● WHAT YOU SHOULD DO:
In the records below, find the line with "pub load_active-IsSilent : (files"; retype that line and all the following lines through the end, exactly, and add nothing.

● SOURCE DATA:
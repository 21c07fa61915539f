-- ===== src/State/Lifecycle/Silent.antt =====
-- A result that stands for a state in src/mr_hide/state/lifecycle.py has no text.
use mr_hide.Prelude.{
  if◌then◌else◌, Bool-cases, ℕ, ◌≡◌, refl, sym, ap, ◌∙◌, inl, inr, Bool, true, false, none, arith,
}
use mr_hide.Errors.{
  expired, privacy, vault, runtime, responses, messages, malformed, builtin, Result, err, ok,
  err≢ok,
}
use mr_hide.State.Models.{ConversationState}
use mr_hide.State.Store.{Files, pure}
use mr_hide.State.Repository.{Codec, load, delete_if_inactive}
use mr_hide.State.Lifecycle.{
  expired_status, ConversationResult, stopped_result, blocked, Loaded, active, stopped, World,
  now_at, is_expired, retention_cutoff, status_of, load_or_status, deleted_or_reloaded, discard,
  unless_expired, load_active,
}
use mr_hide.State.Lifecycle.Release.{continue-ok}

-- A result that comes in place of a loaded state has no text.
abbrev pub IsSilent : Files × Result Loaded → Type 0
IsSilent m = (r : ConversationResult) → m.1 ≡ ok (stopped r) → r.text ≡ none

stopped-injective : {a b : ConversationResult} → ok (stopped a) ≡ ok (stopped b) → a ≡ b
stopped-injective e = cc

IsSilent-of :
    (files : Files) (a : ConversationResult) → a.text ≡ none → IsSilent (files, ok (stopped a))
IsSilent-of files a e r h = ap (λ q. q.text) (sym (stopped-injective h)) ∙ e

status_of-IsSilent : (n : ℕ) (m : Files × Result ConversationState) → IsSilent (status_of n m)
status_of-IsSilent n m r h = ground arith

module _ (codec : Codec) (world : World) (n : ℕ) where
  deleted_or_reloaded-IsSilent :
      (m : Files × Result Bool) → IsSilent (deleted_or_reloaded codec world n m)
  unfolding deleted_or_reloaded
  deleted_or_reloaded-IsSilent (files, ok true) r h =
      IsSilent-of files (stopped_result expired_status n expired) refl r h
  deleted_or_reloaded-IsSilent (files, ok false) r h =
      status_of-IsSilent n (load codec (world.env 2) n files) r h
  deleted_or_reloaded-IsSilent (files, err (vault reason)) r h =
      IsSilent-of files (blocked n reason) refl r h
  deleted_or_reloaded-IsSilent (files, err (privacy reason)) r h = absurd (err≢ok h)
  deleted_or_reloaded-IsSilent (files, err (runtime reason)) r h = absurd (err≢ok h)
  deleted_or_reloaded-IsSilent (files, err builtin) r h = absurd (err≢ok h)
  deleted_or_reloaded-IsSilent (files, err (responses reason)) r h = absurd (err≢ok h)
  deleted_or_reloaded-IsSilent (files, err (messages reason)) r h = absurd (err≢ok h)
  deleted_or_reloaded-IsSilent (files, err malformed) r h = absurd (err≢ok h)

  discard-IsSilent : (now : ℕ) (files : Files) → IsSilent (discard codec world n now files)
  unfolding discard
  discard-IsSilent now files r h =
      let (cutoff, _, e) =
        continue-ok (files, retention_cutoff now)
          (λ cutoff found.
            deleted_or_reloaded codec world n
              (delete_if_inactive codec (world.env 1) n cutoff found))
          h in
      deleted_or_reloaded-IsSilent (delete_if_inactive codec (world.env 1) n cutoff files) r
        (sym (ap (λ m. m.1) e) ∙ h)

  unless_expired-IsSilent :
      (loaded : Loaded) (files : Files)
      → IsSilent (files, ok loaded)
      → IsSilent (unless_expired codec world n loaded files)
  unfolding unless_expired
  unless_expired-IsSilent (stopped a) files k r h = k r h
  unless_expired-IsSilent (active state) files k r h =
      let (now, _, e) =
        continue-ok (files, now_at world 0)
          (λ now. if is_expired state now then discard codec world n now else pure (active state))
          h in
      let reply = sym (ap (λ m. m.1) e) ∙ h in
      elim (Bool-cases (is_expired state now)) [
        | inl late ↦ discard-IsSilent now files r (rw late at reply)
        | inr fresh ↦ k r (rw fresh at reply)
      ]

  pub load_active-IsSilent : (files : Files) → IsSilent (load_active codec world n files)
  unfolding load_active
  load_active-IsSilent files r h =
      let m = load_or_status codec world 0 n files in
      let (loaded, p, e) = continue-ok m (unless_expired codec world n) h in
      unless_expired-IsSilent loaded m.0
        (λ a q. status_of-IsSilent n (load codec (world.env 0) n files) a (p ∙ q)) r
        (sym (ap (λ x. x.1) e) ∙ h)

● TASK RESPONSE:
  pub load_active-IsSilent : (files : Files) → IsSilent (load_active codec world n files)
  unfolding load_active
  load_active-IsSilent files r h =
      let m = load_or_status codec world 0 n files in
      let (loaded, p, e) = continue-ok m (unless_expired codec world n) h in
      unless_expired-IsSilent loaded m.0
        (λ a q. status_of-IsSilent n (load codec (world.env 0) n files) a (p ∙ q)) r
        (sym (ap (λ x. x.1) e) ∙ h)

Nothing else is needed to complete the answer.